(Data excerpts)
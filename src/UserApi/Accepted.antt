-- ===== src/UserApi/Accepted.antt =====
-- The events of eventapi.c meet the Receiver's validation.
use box_kernel.Base.{
  ℕ, zero, suc, ◌+◌, ◌-◌, ◌^◌, ◌<◌, ◌≡◌, ◌≢◌, refl, inl, inr, true, leb, ◌&&◌, Bool-cases, List, [],
  ◌∷◌, ltb, ◌==◌, ne→==, set, length, length-set, get_or-set_self, replicate, arith,
}
use box_kernel.Events.{event_init, read_u64, event_data_size}
use box_kernel.Receiver.{receiver_validate_event, has_nul}
use box_kernel.Receiver.Validate.{index-has_nul}
use box_kernel.Execution.{write_bytes}
use box_kernel.Execution.Respond.{read-write_bytes}
use box_kernel.UserApi.{put_bytes, copy_path, memory_alloc_event, file_open_event}

has_nul-set : (at : ℕ) (payload : List ℕ) → at < length payload → has_nul (set payload at 0) ≡ true
has_nul-set at payload h =
    index-has_nul (set payload at 0) at (omega (arith, length-set payload at 0))
      (get_or-set_self payload at 0 1 h)

has_nul-copy_path :
    (path : List ℕ) (n at : ℕ) (payload : List ℕ)
    → at + n < length payload
    → has_nul (copy_path path n at payload) ≡ true
unfolding copy_path
has_nul-copy_path path zero at payload h = has_nul-set at payload (omega arith)
has_nul-copy_path [] (suc n) at payload h = has_nul-set at payload (omega arith)
has_nul-copy_path (c ∷ cs) (suc n) at payload h =
    let rest =
      has_nul-copy_path cs n (at + 1) (set payload at c) (omega (arith, length-set payload at c)) in
    elim (Bool-cases (c == 0)) [
      | inl stop ↦ rw stop (has_nul-set at payload (omega arith))
      | inr more ↦ rw more rest
    ]

-- The event that opens a path, of a user other than 0, passes the validation, however long the path
-- is.
pub receiver_validate_event-file_open_event :
    (user_id : ℕ) (path : List ℕ)
    → user_id ≢ 0
    → receiver_validate_event (file_open_event user_id path) ≡ true
unfolding receiver_validate_event file_open_event event_init
receiver_validate_event-file_open_event user_id path h =
    rw
      (
        ne→== user_id 0 h,
        has_nul-copy_path path (event_data_size - 1) 0 (replicate event_data_size 0) (omega arith),
      )
      refl

size_at_front :
    (user_id size : ℕ) → size < 2 ^ 64 → read_u64 0 (memory_alloc_event user_id size).payload ≡ size
unfolding memory_alloc_event event_init put_bytes write_bytes
size_at_front user_id size h = read-write_bytes 8 size (replicate 216 0) h

-- The event of a user other than 0 that asks for `size` bytes, a number of 64 bits, passes the
-- validation exactly for sizes from 1 to 4 GB.
pub receiver_validate_event-memory_alloc_event :
    (user_id size : ℕ)
    → user_id ≢ 0
    → size < 2 ^ 64
    → receiver_validate_event (memory_alloc_event user_id size) ≡ (ltb 0 size && leb size (2 ^ 32))
unfolding receiver_validate_event memory_alloc_event event_init
receiver_validate_event-memory_alloc_event user_id size h small =
    rw (ne→== user_id 0 h, size_at_front user_id size small) (ground arith)
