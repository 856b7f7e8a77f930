-- ===== src/UserApi/Poll.antt =====
-- What `eventapi_poll_response` of eventapi.c returns.
use mathlib.Core.Path.{subst}
use box_kernel.Base.{
  ℕ, zero, suc, ◌%◌, ◌≤◌, ◌≡◌, refl, sym, inl, inr, ◌&&◌, Bool-cases, List, [], ◌∷◌, Option, none,
  some, ◌==◌, ==_iff, if◌then◌else◌, if-each, length, arith,
}
use box_kernel.Ring.{ring_buffer_size, ring_count, ring_pop}
use box_kernel.Ring.Inv
use box_kernel.Ring.Inv.{ring_buffer_size-IsRingSize, ring_pop-IsValid}
use box_kernel.Ring.Refine.{contents, length-contents}
use box_kernel.Ring.Batch.{ring_pop-nil, ring_pop-cons}
use box_kernel.Events.{Response}
use box_kernel.Events.Rings.{ResponseRingBuffer}
use box_kernel.UserApi.{
  UserApi, cached, poll_loop, poll_ring, response_cache_size, eventapi_poll_response,
}

-- a response of the id asked for, or none and an empty ring
abbrev pub Answer : ℕ → Option Response × UserApi → Type 0
Answer event_id (none, u) =
    (ring : ResponseRingBuffer) × (u.from_kernel_ring ≡ some ring)
    × (contents ring_buffer_size ring ≡ [])
Answer event_id (some r, u) = r.event_id ≡ event_id

module _ (n event_id : ℕ) (ring : ResponseRingBuffer) (u : UserApi) where
  poll_loop-none :
      (ring_pop ring_buffer_size ring).0 ≡ none
      → poll_loop (suc n) event_id ring u
        ≡ (none, record u { from_kernel_ring = some (ring_pop ring_buffer_size ring).1 })
  unfolding poll_loop
  poll_loop-none out = rw (out, poll_loop) refl

  poll_loop-some :
      {x : Response}
      → (ring_pop ring_buffer_size ring).0 ≡ some x
      → poll_loop (suc n) event_id ring u ≡ (
          if x.event_id == event_id
          then (
            some x,
            record (cached x u) { from_kernel_ring = some (ring_pop ring_buffer_size ring).1 },
          )
          else poll_loop n event_id (ring_pop ring_buffer_size ring).1 (cached x u))
  unfolding poll_loop
  poll_loop-some out = rw (out, poll_loop) refl

poll_loop_lem :
    (n event_id : ℕ) (q : List Response) {ring : ResponseRingBuffer} (u : UserApi)
    → Inv.IsValid ring_buffer_size ring
    → contents ring_buffer_size ring ≡ q
    → length q ≤ n
    → Answer event_id (poll_loop n event_id ring u)
unfolding poll_loop
poll_loop_lem zero event_id [] {ring} u v e h = (ring, refl, e)
poll_loop_lem zero event_id (x ∷ q) u v e h = absurd (omega arith)
poll_loop_lem (suc n) event_id [] {ring} u v e h =
    let (out, left) = ring_pop-nil ring_buffer_size-IsRingSize v e in
    let ring' = (ring_pop ring_buffer_size ring).1 in
    subst (Answer event_id) (sym (poll_loop-none n event_id ring u out)) (ring', refl, left)
poll_loop_lem (suc n) event_id (x ∷ q) {ring} u v e h =
    let (out, left) = ring_pop-cons ring_buffer_size-IsRingSize v e in
    let rest =
      poll_loop_lem n event_id q (cached x u) (ring_pop-IsValid ring_buffer_size-IsRingSize v) left
        (omega arith) in
    subst (Answer event_id) (sym (poll_loop-some n event_id ring u out)) (
      if-each (Answer event_id) (x.event_id == event_id)
        (λ found. (==_iff x.event_id event_id).0 found) (λ other. rest))

poll_ring_lem :
    (event_id : ℕ) (u : UserApi) (ring : ResponseRingBuffer)
    → Inv.IsValid ring_buffer_size ring
    → Answer event_id (poll_ring event_id u (some ring))
unfolding poll_ring
poll_ring_lem event_id u ring v =
    let entry = u.response_cache (event_id % response_cache_size) in
    let hit =
      u.response_cache_valid (event_id % response_cache_size) && (entry.event_id == event_id) in
    elim (Bool-cases hit) [
      | inl h ↦ rw (h, Answer) (ground (arith, h))
      | inr h ↦ rw h (
          poll_loop_lem (ring_count ring) event_id (contents ring_buffer_size ring) u v refl
            (omega (arith, length-contents ring_buffer_size-IsRingSize ring)))
    ]

-- With a valid ring from the kernel, a poll returns a response of the id that was asked for, or
-- none, and then the ring from the kernel has been emptied.
pub eventapi_poll_response_lem :
    (event_id : ℕ) (u : UserApi) (ring : ResponseRingBuffer)
    → u.from_kernel_ring ≡ some ring
    → Inv.IsValid ring_buffer_size ring
    → Answer event_id (eventapi_poll_response event_id u)
unfolding eventapi_poll_response
eventapi_poll_response_lem event_id u ring e v =
    subst (λ o. Answer event_id (poll_ring event_id u o)) (sym e) (poll_ring_lem event_id u ring v)
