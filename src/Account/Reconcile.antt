-- ===== src/Account/Reconcile.antt =====
-- `_reconcile_opposite` of futures_fund/account.py: an order against the held side reduces the
-- position, closes it, or flips it.
pub mod Frictions
pub mod Keyed
use gpt_market_neutral_crypt.Prelude.{
  Bool, true, false, ◌||◌, not, Option, List, [], ◌∷◌, ◌++◌, String, if◌then◌else◌,
}
use gpt_market_neutral_crypt.Time.{Instant}
use gpt_market_neutral_crypt.Account.{
  Arithmetic, Direction, Role, Thesis, Opening, Position, PaperAccount, assign, pop, assign_thesis,
  closed_leg, blank_thesis, absolute, signed_qty, price_pnl, realize_on, charge_account,
  charge_position,
}

-- The arguments of a call, with the frictions that `apply_fills` has computed.
pub record Order (R : Type 0) : Type 0 where
  pub sym : String
  pub direction : Direction
  pub target_signed_qty : R
  pub mark : R
  pub fee : R
  pub slip : R
  pub ts : Instant
  pub opening : Opening
  pub role : Role
  pub thesis : Option (Thesis R)

module _ {R : Type 0} (n : Arithmetic R) where
  -- `min(abs(delta_signed), existing.qty)`
  abbrev pub closed_qty : Order R → Position R → R
  closed_qty o p =
      let delta = absolute n (n.minus o.target_signed_qty (signed_qty n p)) in
      if n.lt p.qty delta then p.qty else delta

  -- The quantity that is opened on the other side.
  abbrev pub new_open_qty : Order R → Position R → R
  new_open_qty o p =
      if n.lt (n.times o.target_signed_qty (signed_qty n p)) n.nought
      then absolute n o.target_signed_qty
      else n.nought

  -- The share of the frictions that the old leg bears.
  abbrev pub old_share : Order R → Position R → R
  old_share o p =
      let traded = n.plus (closed_qty o p) (new_open_qty o p) in
      if n.lt n.nought traded then n.over (closed_qty o p) traded else n.one

  abbrev pub old_fee : Order R → Position R → R
  old_fee o p = n.times o.fee (old_share o p)

  abbrev pub old_slip : Order R → Position R → R
  old_slip o p = n.times o.slip (old_share o p)

  -- Truth of a float.
  abbrev is_nonzero : R → Bool
  is_nonzero x = n.lt x n.nought || n.lt n.nought x

  -- `Position(…)` with the defaults of the fields that are not given.
  abbrev pub new_position :
      String → Direction → R → R → Instant → Opening → Role → R → R → Position R
  new_position sym direction qty mark ts opening role fees slippage = record {
    symbol = sym;
    direction = direction;
    qty = qty;
    entry_price = mark;
    opened_ts = ts;
    opening = opening;
    seat_role = role;
    thesis = blank_thesis;
    accrued_funding = n.nought;
    accrued_fees = fees;
    accrued_slippage = slippage;
    realized_pnl = n.nought;
  }

  -- The position that a flip opens, with its share of the frictions.
  pub flipped : Order R → R → R → Position R
  unfolding assign_thesis
  flipped o fee slip = charge_position n fee slip (
      assign_thesis o.thesis (
        new_position o.sym o.direction (absolute n o.target_signed_qty) o.mark o.ts o.opening o.role
          n.nought n.nought))

  -- After a full close: the rest of the target is opened on the other side, or what is left of
  -- the frictions is charged to the account alone.
  pub open_rest : Order R → R → R → PaperAccount R → PaperAccount R
  unfolding assign flipped
  open_rest o new_fee new_slip a =
      if n.lt n.tiny (absolute n o.target_signed_qty)
      then record (charge_account n new_fee new_slip a) {
        positions = assign o.sym (flipped o new_fee new_slip) a.positions;
      }
      else if is_nonzero new_fee || is_nonzero new_slip
      then charge_account n new_fee new_slip a
      else a

  -- `_reconcile_opposite` on the account and the position that it holds under the symbol.
  unfoldable pub reconcile_opposite : Order R → Position R → PaperAccount R → PaperAccount R
  unfolding assign assign_thesis pop open_rest
  reconcile_opposite o p a =
      let closed = closed_qty o p in
      let realized = price_pnl n p closed o.mark in
      let charged = realize_on n (charge_account n (old_fee o p) (old_slip o p) a) realized in
      let borne = charge_position n (old_fee o p) (old_slip o p) p in
      let after = record borne { realized_pnl = n.plus p.realized_pnl realized } in
      let residual = n.minus p.qty closed in
      if n.lt n.tiny residual
      then record charged {
        positions =
            assign o.sym
              (assign_thesis o.thesis (record after { qty = residual; seat_role = o.role }))
              a.positions;
      }
      else open_rest o (n.minus o.fee (old_fee o p)) (n.minus o.slip (old_slip o p))
          (record charged {
            closed_legs = a.closed_legs ++ closed_leg after ∷ [];
            positions = pop o.sym a.positions;
          })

--- Task item ---
Spot the lines above that mention "IsRingSize" and copy them.

--- Solution ---
use box_kernel.Ring.Inv.{ring_buffer_size-IsRingSize, ring_pop-IsValid}
    let (out, left) = ring_pop-nil ring_buffer_size-IsRingSize v e in
    let (out, left) = ring_pop-cons ring_buffer_size-IsRingSize v e in
      poll_loop_lem n event_id q (cached x u) (ring_pop-IsValid ring_buffer_size-IsRingSize v) left
            (omega (arith, length-contents ring_buffer_size-IsRingSize ring)))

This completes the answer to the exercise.